● **WHAT THIS TASK INVOLVES**:
Which lines of the data below contain "abbrev"? Please show them all.

● **PROVIDED INFORMATION**:
════════
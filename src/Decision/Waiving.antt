-- ===== src/Decision/Waiving.antt =====
-- Waiving the answers of a decision: what WaiverDB is asked for, and when the policies are satisfied.
use greenwave.Prelude.{
  ◌+◌, ◌&&◌, some, ◌==◌, String, ◌≡◌, refl, sym, Bool, true, false, not, inl, inr, List, [], ◌∷◌,
  ◌++◌, map, arith, length, all, any, select, is_empty, All, Bool-cases, ==_iff, ==_refl, string_eq,
  option_eq, any-append,
}
use greenwave.Outcome.{ok, bind-eq-ok}
use greenwave.Answer.{
  Answer, satisfied, unsatisfied, is_satisfied, to_json, RuleNotSatisfied, subject, test_case_name,
}
use greenwave.Waiver.{Waiver, WaiverFilter, waive_answers}
use greenwave.Waiver.Laws.{covered, all_satisfied_iff_covered}
use greenwave.Policy.Services.{Services}
use greenwave.Decision.{
  Decision, same_filter, filter_for, add_filter, collect_filters, filters_to_ask, fetch_waivers,
  waive, policies_satisfied, satisfied_requirements, unsatisfied_requirements,
}

same_filter_refl : (f : WaiverFilter) → same_filter f f ≡ true
same_filter_refl f = simp ==_refl

same_filter_comm : (f g : WaiverFilter) → same_filter f g ≡ true → same_filter g f ≡ true
same_filter_comm f g h = ground (
  arith,
  ==_iff f.subject_type g.subject_type,
  ==_iff g.subject_type f.subject_type,
  ==_iff f.subject_identifier g.subject_identifier,
  ==_iff g.subject_identifier f.subject_identifier,
  ==_iff f.product_version g.product_version,
  ==_iff g.product_version f.product_version,
  ==_iff f.testcase g.testcase,
  ==_iff g.testcase f.testcase,
)

-- No filter is asked for twice.
abbrev pub DistinctFilters : List WaiverFilter → Type 0
DistinctFilters [] = Unit
DistinctFilters (f ∷ fs) = (any (same_filter f) fs ≡ false) × DistinctFilters fs

-- A filter for the subject and the test case of an answer, and the product version.
abbrev pub asks_for : String → RuleNotSatisfied → WaiverFilter → Bool
asks_for version a f =
    ((subject a).subject_type.id == f.subject_type)
    && ((subject a).item == f.subject_identifier)
    && (version == f.product_version)
    && (some (test_case_name a) == f.testcase)

-- Some filter is for the answer, if it is unsatisfied.
abbrev pub Asked : String → List WaiverFilter → Answer → Type 0
Asked version filters (satisfied a) = Unit
Asked version filters (unsatisfied a) = any (asks_for version a) filters ≡ true

DistinctFilters-concat :
    (fs : List WaiverFilter) (f : WaiverFilter)
    → any (same_filter f) fs ≡ false
    → DistinctFilters fs
    → DistinctFilters (fs ++ f ∷ [])
DistinctFilters-concat [] f new h = (refl, tt)
DistinctFilters-concat (g ∷ fs) f new h = (
  ground (arith, any-append (same_filter g) fs (f ∷ []), h.0, same_filter_comm g f),
  DistinctFilters-concat fs f (ground arith) h.1,
)

add_filter-DistinctFilters :
    (f : WaiverFilter) (fs : List WaiverFilter)
    → DistinctFilters fs
    → DistinctFilters (add_filter f fs)
add_filter-DistinctFilters f fs h = elim (Bool-cases (any (same_filter f) fs)) [
  | inl old ↦ rw old h
  | inr new ↦ rw new (DistinctFilters-concat fs f new h)
]

any-add_filter :
    (f g : WaiverFilter) (fs : List WaiverFilter)
    → any (same_filter g) fs ≡ true
    → any (same_filter g) (add_filter f fs) ≡ true
any-add_filter f g fs h = ground (arith, any-append (same_filter g) fs (f ∷ []))

any-add_filter_self :
    (f : WaiverFilter) (fs : List WaiverFilter) → any (same_filter f) (add_filter f fs) ≡ true
any-add_filter_self f fs =
    ground (arith, any-append (same_filter f) fs (f ∷ []), same_filter_refl f)

collect_filters-keeps :
    (version : String) (answers : List Answer) (fs : List WaiverFilter) (g : WaiverFilter)
    → any (same_filter g) fs ≡ true
    → any (same_filter g) (collect_filters version answers fs) ≡ true
unfolding collect_filters
collect_filters-keeps version [] fs g h = h
collect_filters-keeps version (satisfied a ∷ rest) fs g h =
    collect_filters-keeps version rest fs g h
collect_filters-keeps version (unsatisfied a ∷ rest) fs g h =
    collect_filters-keeps version rest (add_filter (filter_for version a) fs) g
      (any-add_filter (filter_for version a) g fs h)

collect_filters-DistinctFilters :
    (version : String) (answers : List Answer) (fs : List WaiverFilter)
    → DistinctFilters fs
    → DistinctFilters (collect_filters version answers fs)
unfolding collect_filters
collect_filters-DistinctFilters version [] fs h = h
collect_filters-DistinctFilters version (satisfied a ∷ rest) fs h =
    collect_filters-DistinctFilters version rest fs h
collect_filters-DistinctFilters version (unsatisfied a ∷ rest) fs h =
    collect_filters-DistinctFilters version rest (add_filter (filter_for version a) fs)
      (add_filter-DistinctFilters (filter_for version a) fs h)

collect_filters-Asked :
    (version : String) (answers : List Answer) (fs : List WaiverFilter)
    → All (Asked version (collect_filters version answers fs)) answers
unfolding collect_filters
collect_filters-Asked version [] fs = tt
collect_filters-Asked version (satisfied a ∷ rest) fs = (tt, collect_filters-Asked version rest fs)
collect_filters-Asked version (unsatisfied a ∷ rest) fs =
    let more = add_filter (filter_for version a) fs in
    (
      collect_filters-keeps version rest more (filter_for version a)
          (any-add_filter_self (filter_for version a) fs),
      collect_filters-Asked version rest more,
    )

-- Where verbose output is not requested, the filters for WaiverDB name every unsatisfied answer, and
-- none of them is there twice if none was before.
pub collect_filters_complete :
    (version : String) (answers : List Answer) (fs : List WaiverFilter)
    → DistinctFilters fs
    → All (Asked version (collect_filters version answers fs)) answers
      × DistinctFilters (collect_filters version answers fs)
collect_filters_complete version answers fs h =
    (collect_filters-Asked version answers fs, collect_filters-DistinctFilters version answers fs h)

abbrev pub waived : Decision → List Waiver → Decision
waived d waivers = record d {
  waiver_filters = filters_to_ask d;
  waivers = waivers;
  answers = waive_answers d.answers waivers;
}

-- When waiving succeeds, the policies are satisfied exactly if each of the earlier answers is
-- satisfied or matched by one of the waivers that the decision keeps.
pub policies_satisfied-waive :
    (services : Services) (d d' : Decision)
    → waive services d ≡ ok d'
    → policies_satisfied d' ≡ all (covered d'.waivers) d.answers
unfolding waive policies_satisfied
policies_satisfied-waive services d d' h =
    let (waivers, fetched, e) =
      bind-eq-ok (fetch_waivers services (filters_to_ask d)) (λ waivers. ok (waived d waivers)) h in
    let same : waived d waivers ≡ d' = ground arith in
    rw (← same) (all_satisfied_iff_covered d.answers waivers)

map-empty :
    (p : Answer → Bool) (answers : List Answer)
    → is_empty (map to_json (select (λ a. not (p a)) answers)) ≡ all p answers
map-empty p [] = refl
map-empty p (a ∷ rest) = ground (arith, map-empty p rest)

-- The policies are satisfied exactly when no unsatisfied requirement is reported.
pub policies_satisfied_iff :
    (d : Decision) → policies_satisfied d ≡ is_empty (unsatisfied_requirements d)
unfolding policies_satisfied unsatisfied_requirements
policies_satisfied_iff d = sym (map-empty is_satisfied d.answers)

requirements_split :
    (answers : List Answer)
    → length (map to_json (select is_satisfied answers))
        + length (map to_json (select (λ a. not (is_satisfied a)) answers))
      ≡ length answers
requirements_split [] = refl
requirements_split (a ∷ rest) = ground (arith, requirements_split rest)

-- Every answer is reported once: among the satisfied or among the unsatisfied requirements.
pub requirements_partition :
    (d : Decision)
    → length (satisfied_requirements d) + length (unsatisfied_requirements d) ≡ length d.answers
unfolding satisfied_requirements unsatisfied_requirements
requirements_partition d = requirements_split d.answers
════════
● **RESULT OF THIS EXERCISE**:
abbrev pub DistinctFilters : List WaiverFilter → Type 0
abbrev pub asks_for : String → RuleNotSatisfied → WaiverFilter → Bool
abbrev pub Asked : String → List WaiverFilter → Answer → Type 0
abbrev pub waived : Decision → List Waiver → Decision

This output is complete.